Déjà M. de Galais était ruiné sans que nous le sachions. Frantz avait fait des dettes et ses anciens camarades — apprenant sa disparition... ont aussitôt réclamé près de nous. Nous sommes devenus pauvres; Mme de Galais est morte et nous avons perdu tous nos amis en quelques jours. (GM, p. 248)

L'isolement causée par la ruine, associé à la mort de Mme de Galais montre encore davantage que le

quotidien des personnages n'est absolument pas idéalisé. Les personnages sont confrontés à des soucis qui peuvent également arriver dans la vie réelle. C'est pourquoi le quotidien peint par les deux auteurs renforce l'illusion d'un cadre de vie tranquille.

Ainsi, un cadre de vie tranquille a été construit grâce à la mise en place de lieux rassurants en contraste avec l'inconnu ou encore grâce à la description d'un quotidien qui, par son rythme et ses activités, paraît tout à fait ordinaire. Toutefois, comme nous l'avons dit, dans Les Faux-

Monnayeurs, cette impression n'est que temporaire, les lieux d'ancrage deviennent vite aussi

perturbants que les lieux inconnus au contraire de l'univers de Sainte-Agathe qui reste paisible. Quoi qu'il en soit, cette représentation, temporaire ou non, cache en réalité un désordre important, désordre dont les entités relationnelles sont les premières victimes.

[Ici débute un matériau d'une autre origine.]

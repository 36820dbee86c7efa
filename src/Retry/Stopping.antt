-- ===== src/Retry/Stopping.antt =====
-- A stop predicate ends the retry loop, whatever its policy.
use native.Mathlib.Decide.{dec_lt}
use rabbitmq_pika_adapter.Prelude.{
  ℕ, zero, suc, ◌+◌, ◌≤◌, ◌<◌, ◌≡◌, ◌≢◌, Bool, true, false, Option, none, some, arith, Bool-cases,
  inl, inr,
}
use rabbitmq_pika_adapter.Outcome.{Exception, Outcome}
use rabbitmq_pika_adapter.Retry.Floats.{Seconds}
use rabbitmq_pika_adapter.Retry.{RetryPolicy, sync_loop, sync_retry}
use rabbitmq_pika_adapter.Retry.Loop.{settle-ne-none}

-- `amount` measures how far the world has come: each call and no sleep takes it further, and from `n` on the predicate holds.
module _ (s : Seconds) {W A : Type 0} (p : RetryPolicy s) (uniform : ℕ → s.T → s.T → s.T)
    (sleep : s.T → W → W) (func : W → Outcome A × W) (stop : W → Bool) (amount : W → ℕ) (n : ℕ)
    (called : (w : W) → amount w < amount (func w).1)
    (slept : (d : s.T) (w : W) → amount w ≤ amount (sleep d w))
    (stopped : (w : W) → n ≤ amount w → stop w ≡ true) where
  not_yet : (w : W) → stop w ≡ false → amount w < n
  not_yet w going = elim (dec_lt (amount w) n) [
    | yes early ↦ early
    | no late ↦ let p = stopped w (omega arith) in absurd (cc)
  ]

  sync_loop-stops :
      (fuel attempt : ℕ) (last : Option Exception) (w : W)
      → 0 < fuel
      → n < amount w + fuel
      → sync_loop s p uniform sleep func (some stop) fuel attempt last w ≢ none
  unfolding sync_loop
  sync_loop-stops zero attempt last w some_fuel enough = absurd (omega arith)
  sync_loop-stops (suc fuel) attempt last w some_fuel enough = elim (Bool-cases (stop w)) [
    | inl asked ↦ rw asked (λ e. cc)
    | inr going ↦ rw going (
        let (r, w1) = func w in
        let further = called w in
        settle-ne-none s p uniform sleep func attempt r w1 _ λ more e d delay.
          sync_loop-stops fuel (attempt + 1) (some e) (sleep d w1) (omega (arith, not_yet w going))
            (omega (arith, enough, further, slept d w1)))
  ]

  -- Whatever the policy, also one without a bound, `sync_retry` ends.
  pub sync_retry-stops : (w : W) → sync_retry s p uniform sleep func (some stop) (suc n) w ≢ none
  unfolding sync_retry
  sync_retry-stops w = sync_loop-stops (suc n) 1 none w (omega arith) (omega arith)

II – Autrui comme source de chaos : la fatalité des relations sociales

Les relations sociales sont un composant à part entière de notre existence dans la mesure où nous sommes confrontés à autrui au quotidien. De cette vie en communauté sont nés plusieurs types de relations qui peuvent être facteurs de bonheur comme de malheur. Mais, il semblerait que dans

Les Faux-Monnayeurs et dans Le Grand Meaulnes, autrui ne soit uniquement source de chaos. Les

relations amoureuses sont condamnés à échouer. La figure familiale est ébranlée. La définition de l'amitié comme relation sincère est mise à mal. Par conséquent, les bénéfices habituellement tirés des liens construits avec les autres sont dans les deux romans absents. Une nouvelle fois – nous le

répétons – il ne s'agit pas d'affirmer que les issues des relations sociales présentés dans le roman sont extraordinaires, puisque dans la vie réelle, les échecs sont également nombreux, mais dans ces mondes diégétiques, ils sont non seulement non nombreux mais inévitables. C'est pourquoi les relations sociales participent à la mise en échec du monde diégétique.